A more modern approach would have E6(C) as a structure group of a nonassociative C*-algebraic bundle. The E6(C) gauge degrees of freedom are then interpreted as inner fluctuations of a nonassociative geometry.

16. Dec 22, 2013

tom.stoer

I don't want to be impolite, but I am still interested in physical reasons to consider these models. Which physical problems are solved by these models? And what is the physical reason to go beyond 10 or 11 dimensions?

17. Dec 22, 2013

kneemo

When reduced to a 4+2 version of the Standard Model, Bars claims the strong CP violation problem of QCD is resolved (without an axion) and the model predicts a dilaton driven electroweak spontaneous symmetry breaking, which has implications for string theory vacuum selection, dark matter composition and inflation.

Last edited: Dec 22, 2013
18. Dec 23, 2013

tom.stoer

What does "4+2" mean? Is it a two-time formalism?

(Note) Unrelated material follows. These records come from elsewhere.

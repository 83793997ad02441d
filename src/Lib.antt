-- ===== src/Lib.antt =====
-- Verification of the reference resolver of the versification tool (`frvt/resolver`) and of the
-- derivation of its mapping rows (`frvt/ingest`), with five parts of `frvt/api`: the choice of schemes,
-- the registry of divergence reports, the indexes of mappings, the limiter of failed logins and the
-- jump menu between two translations.
--
-- The resolver translates a Bible reference from one versification scheme to another. A scheme
-- stores mapping rows, which relate ranges of its verses to ranges of the numbering that it is
-- based on. A hop is one scheme's list of rows. A verse climbs the hops of the source scheme to a
-- shared numbering, the pivots, and descends the hops of the target scheme, which are read
-- backwards. Where rows split or merge, the verses that are linked in this way form a hull.
--
-- The files and the code:
--   Prelude            the shared names: lists, equality, order, sorting, texts, decimal numbers
--   Resolver/Types     frvt/resolver/types.py and the relations of frvt/api/models/__init__.py
--   Resolver/Reference frvt/resolver/parse_ref.py, `strip_part_suffix` of frvt/ingest/normalize.py
--   Resolver/Compose   frvt/resolver/compose.py
--   Resolver/Cover     frvt/resolver/cover.py
--   Resolver/Walk      frvt/resolver/walk.py
--   Resolver/Chains    frvt/resolver/chains.py
--   Resolver/Hull      the worklist of `build_hull` of frvt/resolver/resolve.py
--   Resolver/Connect   the result of `build_hull`
--   Resolver/RangeHull frvt/resolver/range_hull.py
--   Resolver/Assemble  frvt/resolver/normalize.py, the rest of frvt/resolver/resolve.py
--   Resolver/Tests     runs on sample rows
--   Ingest/Mappings    frvt/ingest/derive_mappings.py
--   Ingest/Tests       runs on a sample ingredient
--   Api/Schemes        frvt/api/scheme_select.py
--   Api/Registry       frvt/api/divergence/registry.py, on rows of frvt/api/models/divergence.py
--   Api/Indexing       frvt/api/indexing: in Rows the tables, in Registry, Invalidation, Worker and
--                      Builder the modules of these names; keys.py stands in Builder. Steps makes them
--                      one transition system, which the other files prove things of
--   Api/Limiter        frvt/api/failed_auth_limiter.py
--   Api/Jump           frvt/api/jump_cancel.py, and in Content frvt/api/jump_target_content.py
--   Api/Navigation     frvt/api/routers/navigation.py: the rows of the jump menu
--   Api/Tests          runs on sample tables
-- A component's file holds the definitions, under the names of the Python functions; the files
-- of its folder hold the proofs.
--
-- How Python is read:
-- - A string is the list of its code points. Chapters, verses, ordinals and ids are natural numbers,
--   unbounded as in Python; query parameters are integers. `int` is read without its limit of 4300 digits.
-- - The regular expressions are matchers written out; the grammar that they accept is described
--   apart from them, in Resolver/Reference/Grammar.
-- - What a function raises is a value of `Result`; a failed `assert` is one too.
-- - A set is a list. Where the program reads a set in an order of Python's own, the order is the
--   parameter `arrange`; where it sorts a set, the list is without repeats.
-- - A keyword argument `upward` is a Boolean argument.
-- - Logging and the cache of `parse_ref` have no effect on results and are left out.
-- - The database is a `Session`, or a `Database`: the queries that the code sends are its fields, as
--   functions. What they return is any value.
--
-- An index is built from mappings that the resolver gives for the references of a translation. Requests
-- create, change and delete indexes while the worker builds one or cleans up; a step is one transaction
-- of either, at one moment. The worker's lock, which the database holds, is the order of its steps; what
-- a process does at its start is without the lock. The deletion of a translation may take a scheme with
-- it, and the database then deletes the indexes of the scheme.
--
-- A jump menu is what two filters leave of the differences of two schemes, with the rows that the
-- other direction adds. The filters share the caches of one request and a cache of the process; each
-- function takes them and returns them. A cache is truthful when it holds what the functions without
-- caches return.
--
-- Loops are structural recursion, but for four. A chain of schemes takes fuel for each scheme, and
-- more fuel than there are schemes is enough, since a scheme that recurs raises. The worklist of the
-- hull takes fuel for one node at a time. Fuel is enough when it counts the members and, for each node
-- that can be met, one more than the nodes that it appends: a node appends its neighbours only when it
-- is first met. `Resolver/Hull/Universe` lists the nodes that can be met, from the ranges and parts of
-- the rows.
--
-- The eviction of the limiter takes fuel for each address that it holds, since a round deletes one, and
-- the loop that clears the mappings of an index takes fuel for each mapping.
--
-- Not modelled: the database queries and threads of frvt/api, its routers but for the rows of the jump
-- menu, the reads of an index, the parsing and validation of files, the computation of divergence
-- reports, migrations, fixtures and the web client. They are input, output, other libraries' work, or
-- still to come.
pub mod Prelude
pub mod Resolver
pub mod Ingest
pub mod Api
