-- ===== src/Api.antt =====
-- frvt/api: the choice of schemes and pages, the registry of divergence reports, the limiter of failed
-- logins, the indexes of mappings and the jump menu.
pub mod Schemes
pub mod Registry
pub mod Limiter
pub mod Indexing
pub mod Tests
pub mod Jump
pub mod Navigation
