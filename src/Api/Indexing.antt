-- ===== src/Api/Indexing.antt =====
-- frvt/api/indexing: indexes of translations, whose mappings are made beforehand by a worker.
pub mod Rows
pub mod Registry
pub mod Invalidation
pub mod Worker
pub mod Builder
pub mod Sound
pub mod Changes
pub mod Claim
pub mod Steps
pub mod Requests
pub mod Work
pub mod Invariant
pub mod Known
pub mod Stored
pub mod Grown
pub mod Orphans
pub mod Races
pub mod Drain
pub mod Retarget
pub mod Locks
pub mod Keys
pub mod Chunks
pub mod Deletion
pub mod Deleted
pub mod Purged
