-- ===== src/Prelude/Equality.antt =====
-- Python's `==` as an interface with its law, `in` on lists, and a set as a list without repeats.
use versification_tool.Prelude.Tests.{nat_beq, nat_beq_iff, if◌then◌else◌, Bool-cases}
use Prim.Native.Nat.{ℕ}
use mathlib.Core.Path.{◌≡◌}
use mathlib.Core.Logic.{◌↔◌, inl, inr, ⊎_elim}
use mathlib.Core.Bool.{Bool, true, false, ◌&&◌, ◌||◌}
use mathlib.Core.Option.{Option, none, some}
use mathlib.Core.List.{List, [], ◌∷◌, Memᴰ}
use mathlib.Core.List.Memᴰ
use native.Mathlib.Omega.{arith}

-- A type whose values Python compares by value.
pub record Eq {κ} (K : Type κ) : Type κ where
  pub beq : K → K → Bool
  pub beq_iff : (x y : K) → (beq x y ≡ true) ↔ (x ≡ y)

instance abbrev pub nat_eq : Eq ℕ
nat_eq = record { beq = nat_beq; beq_iff = nat_beq_iff }

infix 50 ◌==◌
abbrev pub ◌==◌ {κ} : {K : Type κ} ⦃by : Eq K⦄ → K → K → Bool
◌==◌ ⦃by⦄ x y = by.beq x y

module _ {ℓ} {A : Type ℓ} ⦃e : Eq A⦄ where
  abbrev pub list_beq : List A → List A → Bool
  list_beq [] [] = true
  list_beq (x ∷ xs) (y ∷ ys) = x == y && list_beq xs ys
  list_beq _ _ = false

  pub list_beq_iff : (xs ys : List A) → (list_beq xs ys ≡ true) ↔ (xs ≡ ys)
  list_beq_iff [] [] = ground arith
  list_beq_iff [] (y ∷ ys) = ground arith
  list_beq_iff (x ∷ xs) [] = ground arith
  list_beq_iff (x ∷ xs) (y ∷ ys) = ground (arith, list_beq_iff xs ys, e.beq_iff x y)

  abbrev pub option_beq : Option A → Option A → Bool
  option_beq none none = true
  option_beq (some x) (some y) = x == y
  option_beq _ _ = false

  pub option_beq_iff : (x y : Option A) → (option_beq x y ≡ true) ↔ (x ≡ y)
  option_beq_iff none none = ground arith
  option_beq_iff none (some y) = ground arith
  option_beq_iff (some x) none = ground arith
  option_beq_iff (some x) (some y) = ground (arith, e.beq_iff x y)

  instance abbrev pub option_eq : Eq (Option A)
  option_eq = record { beq = option_beq; beq_iff = option_beq_iff }

  unfoldable pub contains : A → List A → Bool
  contains a [] = false
  contains a (x ∷ xs) = a == x || contains a xs

  pub contains→Memᴰ : (a : A) (xs : List A) → contains a xs ≡ true → Memᴰ a xs
  unfolding contains
  contains→Memᴰ a [] h = cc
  contains→Memᴰ a (x ∷ xs) h = elim (Bool-cases (a == x)) [
    | inl t ↦ Memᴰ.head ((e.beq_iff a x).0 t)
    | inr f ↦ Memᴰ.tail (contains→Memᴰ a xs (ground arith))
  ]

  pub Memᴰ→contains : {a : A} {xs : List A} → Memᴰ a xs → contains a xs ≡ true
  unfolding contains
  Memᴰ→contains {a} (Memᴰ.head {x} p) = rw ((e.beq_iff a x).1 p)
  Memᴰ→contains {a} (Memᴰ.tail m) = ground (arith, Memᴰ→contains m)

  pub contains_iff : (a : A) (xs : List A) → (contains a xs ≡ true) ↔ Memᴰ a xs
  contains_iff a xs = (contains→Memᴰ a xs, Memᴰ→contains)

  -- `set(xs)`: each element once
  unfoldable pub dedup : List A → List A
  unfolding contains
  dedup [] = []
  dedup (x ∷ xs) = let rest = dedup xs in if contains x rest then rest else x ∷ rest

  pub Memᴰ→Memᴰ-dedup : {a : A} {xs : List A} → Memᴰ a xs → Memᴰ a (dedup xs)
  unfolding dedup
  Memᴰ→Memᴰ-dedup {a} (Memᴰ.head {x} {xs} p) = elim (Bool-cases (contains x (dedup xs))) [
    | inl t ↦ rw (t, p) (contains→Memᴰ x (dedup xs) t)
    | inr f ↦ rw f (Memᴰ.head p)
  ]
  Memᴰ→Memᴰ-dedup {a} (Memᴰ.tail {x} {xs} m) = elim (Bool-cases (contains x (dedup xs))) [
    | inl t ↦ rw t (Memᴰ→Memᴰ-dedup m)
    | inr f ↦ rw f (Memᴰ.tail (Memᴰ→Memᴰ-dedup m))
  ]

  pub Memᴰ-dedup→Memᴰ : {a : A} (xs : List A) → Memᴰ a (dedup xs) → Memᴰ a xs
  unfolding dedup
  Memᴰ-dedup→Memᴰ {a} [] m = elim m [ ]
  Memᴰ-dedup→Memᴰ {a} (x ∷ xs) m = elim (Bool-cases (contains x (dedup xs))) [
    | inl t ↦ Memᴰ.tail (Memᴰ-dedup→Memᴰ xs (rw t at m))
    | inr f ↦ ⊎_elim Memᴰ.head (λ k. Memᴰ.tail (Memᴰ-dedup→Memᴰ xs k)) (Memᴰ.cases_cons (rw f at m))
  ]

module _ {ℓ κ} {A : Type ℓ} {B : Type κ} ⦃e : Eq A⦄ ⦃f : Eq B⦄ where
  abbrev pair_beq : A × B → A × B → Bool
  pair_beq (a, b) (c, d) = a == c && b == d

  pub pair_beq_iff : (x y : A × B) → (pair_beq x y ≡ true) ↔ (x ≡ y)
  pair_beq_iff (a, b) (c, d) = ground (arith, e.beq_iff a c, f.beq_iff b d)

  instance abbrev pub pair_eq : Eq (A × B)
  pair_eq = record { beq = pair_beq; beq_iff = pair_beq_iff }
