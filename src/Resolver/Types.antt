-- ===== src/Resolver/Types.antt =====
-- frvt/resolver/types.py: coordinates, mapping rows, hops and results. A relation is one of the
-- strings that the code stores (`RelationType` of frvt/api/models) or makes while it resolves
-- (`complex`, `range`). A uuid is a number. What a function raises is a value of `Raised`.
use versification_tool.Prelude.{
  ℕ, ◌≡◌, refl, ◌↔◌, ◌⊎◌, inl, inr, Bool, true, false, ◌&&◌, Option, List, arith,
}
use versification_tool.Prelude.Equality.{Eq, list_beq_iff, option_beq, option_beq_iff, nat_eq, ◌==◌}
use versification_tool.Prelude.Texts.{Text, text_eq}

pub data Relation : Type 0 where
  one_to_one shift renumber split merge exclude partial complex range : Relation

pub record VerseId : Type 0 where
  pub book : Text
  pub chapter : ℕ
  pub verse : ℕ
  pub part : Option Text

pub record RefRange : Type 0 where
  pub book : Text
  pub chapter : ℕ
  pub verse_start : ℕ
  pub verse_end : ℕ

pub record SchemeRef : Type 0 where
  pub scheme_id : ℕ
  pub based_on_id : Option ℕ
  pub based_on_name : Option Text

pub record ResolvedSpan : Type 0 where
  pub ref : Text
  pub part : Option Text

pub record ResolutionEdge : Type 0 where
  pub source_index : ℕ
  pub target_index : ℕ
  pub relation : Relation

pub record Resolution : Type 0 where
  pub source_spans : List ResolvedSpan
  pub target_spans : List ResolvedSpan
  pub relation : Relation
  pub edges : List ResolutionEdge
  pub source_rel : Option Relation
  pub target_rel : Option Relation

pub record MappingView : Type 0 where
  pub source_ref : Text
  pub base_ref : Option Text
  pub part : Option Text
  pub relation : Relation
  pub ordinal : ℕ

pub record Hop : Type 0 where
  pub scheme_id : ℕ
  pub based_on_id : Option ℕ
  pub mappings : List MappingView

-- `ReferenceError` with its three messages, `LookupError`, a failed `assert` and `KeyError`. `out_of_fuel` is no
-- exception: the fuel that bounds a loop of the model ran out.
pub data Raised : Type 0 where
  embedded_part invalid_reference reversed_range : Raised
  cycle no_scheme no_shared_ancestor : Raised
  assertion_failed key_missing out_of_fuel : Raised

-- `except ReferenceError` catches these.
abbrev pub reference_error : Raised → Bool
reference_error embedded_part = true
reference_error invalid_reference = true
reference_error reversed_range = true
reference_error _ = false

-- What a function returns, or what it raises.
pub data Result {κ} (X : Type κ) : Type κ where
  ok : X → Result X
  raised : Raised → Result X

pub ok_inj {κ} : {X : Type κ} {x y : X} → ok x ≡ ok y → x ≡ y
ok_inj h = cc

pub Result-cases {κ} :
    {X : Type κ} (m : Result X) → ((x : X) × (m ≡ ok x)) ⊎ ((e : Raised) × (m ≡ raised e))
Result-cases (ok x) = inl (x, refl)
Result-cases (raised e) = inr (e, refl)

-- One step behind another: what the first raises ends the chain.
infixl 5 ◌>>=◌
abbrev pub ◌>>=◌ {κ ℓ} : {X : Type κ} {Y : Type ℓ} → Result X → (X → Result Y) → Result Y
raised e >>= step = raised e
ok x >>= step = step x

-- A chain that returns has a first step that returns.
pub >>=-eq-ok {κ ℓ} :
    {X : Type κ} {Y : Type ℓ} (m : Result X) (step : X → Result Y) {y : Y}
    → (m >>= step) ≡ ok y
    → (x : X) × (m ≡ ok x) × (step x ≡ ok y)
>>=-eq-ok (raised e) step h = cc
>>=-eq-ok (ok x) step h = (x, refl, h)

-- A relation's place among the strings, by which two relations are compared.
abbrev tag : Relation → ℕ
tag one_to_one = 0
tag shift = 1
tag renumber = 2
tag split = 3
tag merge = 4
tag exclude = 5
tag partial = 6
tag complex = 7
tag range = 8

abbrev pub relation_beq : Relation → Relation → Bool
relation_beq a b = tag a == tag b

pub relation_beq_iff : (a b : Relation) → (relation_beq a b ≡ true) ↔ (a ≡ b)
relation_beq_iff a b = ground arith

instance abbrev pub relation_eq : Eq Relation
relation_eq = record { beq = relation_beq; beq_iff = relation_beq_iff }

abbrev pub verse_beq : VerseId → VerseId → Bool
verse_beq a b =
    a.book == b.book && a.chapter == b.chapter && a.verse == b.verse && option_beq a.part b.part

pub verse_beq_iff : (a b : VerseId) → (verse_beq a b ≡ true) ↔ (a ≡ b)
verse_beq_iff a b = ground (arith, list_beq_iff a.book b.book, option_beq_iff a.part b.part)

instance abbrev pub verse_eq : Eq VerseId
verse_eq = record { beq = verse_beq; beq_iff = verse_beq_iff }

-- What a chain of steps raises, one of its steps raises.
pub >>=-eq-raised {ℓ κ} :
    {A : Type ℓ} {B : Type κ} (m : Result A) (f : A → Result B) {e : Raised}
    → (m >>= f) ≡ raised e
    → (m ≡ raised e) ⊎ ((a : A) × (m ≡ ok a) × (f a ≡ raised e))
>>=-eq-raised (ok a) f h = inr (a, refl, h)
>>=-eq-raised (raised x) f h = inl (cc)
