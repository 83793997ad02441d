-- ===== src/Prelude/Decimal.antt =====
-- `int(s)` of a string of ASCII digits, and `str(n)`.
pub mod RoundTrip
use mathlib.Core.List.{List, [], ◌∷◌}
use Prim.Native.Nat.{ℕ, zero, suc, ◌+◌, ◌-◌, ◌*◌, ◌/◌, ◌%◌}
use versification_tool.Prelude.Tests.{if◌then◌else◌, nat_beq}
use versification_tool.Prelude.Texts.{Text}

-- The digits of `n` in front of `out`, at most one for each unit of fuel.
digits : ℕ → ℕ → Text → Text
digits zero n out = out
digits (suc fuel) n out =
    let more = digits fuel (n / 10) ((b'0' + n % 10) ∷ out) in if nat_beq n 0 then out else more

-- `str(n)`: a number has at most as many digits as units.
unfoldable pub show : ℕ → Text
unfolding digits
show n = if nat_beq n 0 then b'0' ∷ [] else digits n n []

-- The value of digits behind a number that was read already.
unfoldable pub read : Text → ℕ → ℕ
read [] n = n
read (c ∷ s) n = read s (n * 10 + (c - b'0'))

-- `int(s)`
abbrev pub int : Text → ℕ
int s = read s 0
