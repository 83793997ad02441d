-- ===== src/Resolver/Reference.antt =====
-- frvt/resolver/parse_ref.py and `strip_part_suffix` of frvt/ingest/normalize.py. The regular
-- expressions share the prefix `BOOK C:V` or `BOOK C:V-V`; each run of digits is followed by what
-- is no digit, so that matching never has to give digits back.
pub mod Grammar
pub mod Accepts
pub mod RoundTrip
pub mod Plain
use versification_tool.Prelude.{
  ℕ, zero, suc, ◌+◌, ◌-◌, Bool, true, false, ◌&&◌, ◌||◌, Option, none, some, List, [], ◌∷◌, ◌++◌,
  leb, ltb, if◌then◌else◌,
}
use versification_tool.Prelude.Equality.{nat_eq, ◌==◌}
use versification_tool.Prelude.Texts.{Text, text_eq, is_digit, is_letter, is_upper, strip}
use versification_tool.Prelude.Decimal.{show, int}
use versification_tool.Resolver.Types.{
  VerseId, RefRange, Result, ok, raised, embedded_part, invalid_reference, reversed_range,
}

-- `[A-Z1-6]`
abbrev pub is_book_char : ℕ → Bool
is_book_char c = is_upper c || (leb b'1' c && leb c b'6')

-- `[0-9]*` at the front: what it takes, and the rest
unfoldable pub span_digits : Text → Text × Text
span_digits [] = ([], [])
span_digits (c ∷ s) = let r = span_digits s in if is_digit c then (c ∷ r.0, r.1) else ([], c ∷ s)

-- `[0-9]+` at the front
abbrev pub nonempty : Text × Text → Option (Text × Text)
nonempty ([], rest) = none
nonempty (c ∷ s, rest) = some (c ∷ s, rest)

-- The groups of a match.
pub record Groups : Type 0 where
  pub book : Text
  pub chapter_s : Text
  pub start_s : Text
  pub end_s : Option Text

-- `(?:-([0-9]+))?` behind the three groups
abbrev pub match_end : Text → Text → Text → Text → Groups × Text
match_end b c v [] = (record { book = b; chapter_s = c; start_s = v; end_s = none }, [])
match_end b c v (h ∷ s) =
    if h == b'-'
    then elim (nonempty (span_digits s)) [
      | none ↦ (record { book = b; chapter_s = c; start_s = v; end_s = none }, h ∷ s)
      | some (e, rest) ↦ (record { book = b; chapter_s = c; start_s = v; end_s = some e }, rest)
    ]
    else (record { book = b; chapter_s = c; start_s = v; end_s = none }, h ∷ s)

-- `:([0-9]+)` behind the chapter
abbrev pub match_verses : Text → Text → Text → Option (Groups × Text)
match_verses b c [] = none
match_verses b c (h ∷ s) =
    if h == b':'
    then elim (nonempty (span_digits s)) [
      | none ↦ none
      | some (v, rest) ↦ some (match_end b c v rest)
    ]
    else none

-- `([A-Z1-6]{3}) ([0-9]+):([0-9]+)(?:-([0-9]+))?` at the front
unfoldable pub match_prefix : Text → Option (Groups × Text)
match_prefix (x ∷ y ∷ z ∷ h ∷ s) =
    if is_book_char x && is_book_char y && is_book_char z && h == b' '
    then elim (nonempty (span_digits s)) [
      | none ↦ none
      | some (c, rest) ↦ match_verses (x ∷ y ∷ z ∷ []) c rest
    ]
    else none
match_prefix _ = none

-- `_BCV_RANGE.fullmatch`
unfoldable pub bcv_range : Text → Option Groups
bcv_range s = elim (match_prefix s) [ none ↦ none | some (g, []) ↦ some g | some (g, _ ∷ _) ↦ none ]

-- Whether a letter stands at the front.
abbrev pub starts_with_letter : Text → Bool
starts_with_letter [] = false
starts_with_letter (c ∷ s) = is_letter c

-- `[0-9]+(?:-[0-9]+)?[A-Za-z]` at the front
abbrev pub letter_behind : Option (Text × Text) → Bool
letter_behind none = false
letter_behind (some (d, [])) = false
letter_behind (some (d, h ∷ s)) =
    is_letter h
    || (h == b'-'
        && elim (nonempty (span_digits s)) [ none ↦ false | some (e, r) ↦ starts_with_letter r ])

-- `_EMBEDDED_PART.search`
unfoldable pub has_embedded_part : Text → Bool
has_embedded_part [] = false
has_embedded_part (c ∷ s) =
    (c == b':' && letter_behind (nonempty (span_digits s))) || has_embedded_part s

-- `int(end_s) if end_s is not None else verse_start`
abbrev pub end_verse : Option Text → ℕ → ℕ
end_verse none start = start
end_verse (some e) start = int e

-- The range that the groups of a match stand for.
unfoldable pub read_groups : Groups → Result RefRange
read_groups g =
    let start = int g.start_s in
    let end_ = end_verse g.end_s start in
    if ltb end_ start
    then raised reversed_range
    else ok
        (record { book = g.book; chapter = int g.chapter_s; verse_start = start; verse_end = end_ })

unfoldable pub parse_ref : Text → Result RefRange
parse_ref value =
    if has_embedded_part value
    then raised embedded_part
    else elim (bcv_range value) [ none ↦ raised invalid_reference | some g ↦ read_groups g ]

-- One verse for each number of `range(start, start + n)`.
unfoldable pub verse_run : Text → ℕ → ℕ → ℕ → List VerseId
verse_run book chapter start zero = []
verse_run book chapter start (suc n) =
    record { book = book; chapter = chapter; verse = start; part = none }
    ∷ verse_run book chapter (start + 1) n

unfoldable pub expand : RefRange → List VerseId
unfolding verse_run
expand r = verse_run r.book r.chapter r.verse_start (r.verse_end + 1 - r.verse_start)

unfoldable pub format_bcv : VerseId → Text
format_bcv v = v.book ++ (b' ' ∷ (show v.chapter ++ (b':' ∷ show v.verse)))

unfoldable pub covers : RefRange → VerseId → Bool
covers r v =
    r.book == v.book
    && r.chapter == v.chapter
    && leb r.verse_start v.verse
    && leb v.verse r.verse_end

unfoldable pub index_in_range : RefRange → VerseId → ℕ
index_in_range r v = v.verse - r.verse_start

-- `(?:-([0-9]+))?` as it was matched
abbrev pub write_end : Option Text → Text
write_end none = []
write_end (some e) = b'-' ∷ e

-- What the prefix matched, from its groups.
abbrev pub write_groups : Groups → Text
write_groups g = g.book ++ (b' ' ∷ (g.chapter_s ++ (b':' ∷ (g.start_s ++ write_end g.end_s))))

-- `[A-Za-z-]*` matches the whole text
abbrev pub all_suffix : Text → Bool
all_suffix [] = true
all_suffix (c ∷ s) = (is_letter c || c == b'-') && all_suffix s

-- `_PART_SUFFIX.match`
unfoldable pub part_suffix : Text → Option (Text × Text)
part_suffix s = elim (match_prefix s) [
  | none ↦ none
  | some (g, []) ↦ none
  | some (g, c ∷ rest) ↦ if all_suffix (c ∷ rest) then some (write_groups g, c ∷ rest) else none
]

unfoldable pub strip_part_suffix : Text → Text × Option Text
strip_part_suffix value = elim (part_suffix (strip value)) [
  | none ↦ (value, none)
  | some (plain, part) ↦ (plain, some part)
]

How is a "4+2" version of the standard model related to the "3+1" version which has been verified experimentally?(within the accessable energy range)

Why do we need a dilaton-driven symmetry breaking instead of the Higgs-mechanism?

As far as I unterstand you correctly, another benefit of this huge mathematical structure is to get rid of the axion, correct?

What about experimentally testable predictions beyond the standard model? Which particles and interactions do we have to find in order to prove the model? Which experiments can disprove the model?

Last edited: Dec 23, 2013
19. Dec 23, 2013

kneemo

Yes, it's a two-time formalism with an extra Sp(2,R) symmetry that can be gauge fixed down to 3+1 dimensions without leaving behind any Kaluza-Klein type modes or extra components of vector and spinor fields in the extra 1+1 dimensions. An action in d+2 dimensions requires a dilaton (as a singlet of SO(d,2)) in order to achieve two-time gauge symmetry. (Note: The 4+2-dimensional SM has SO(4,2) symmetry, which interestingly is also the isometry group of AdS_5.). The dilaton couples to the Higgs in a purely quartic potential where electroweak symmetry breaking by the Higgs is driven by the vev of the dilaton.

The higher structure coming from 4+2 dimensions prevents the problematic F âˆ— F term in QCD from appearing in 3+1 dimensions, thus resolving the strong CP problem without the axion.

Bars' 4+2 SM predicts a Higgs-dilaton mixing. There are regions of parameter space where the mixing is large enough for the rates to diphoton and ZZ to receive observable corrections. Measurements ruling out Higgs-dilaton mixing can disprove Bars' proposed 4+2 model.

20. Dec 23, 2013

tom.stoer

Thanks. For me this is too much speculative input, but now I can make the relation to established physics.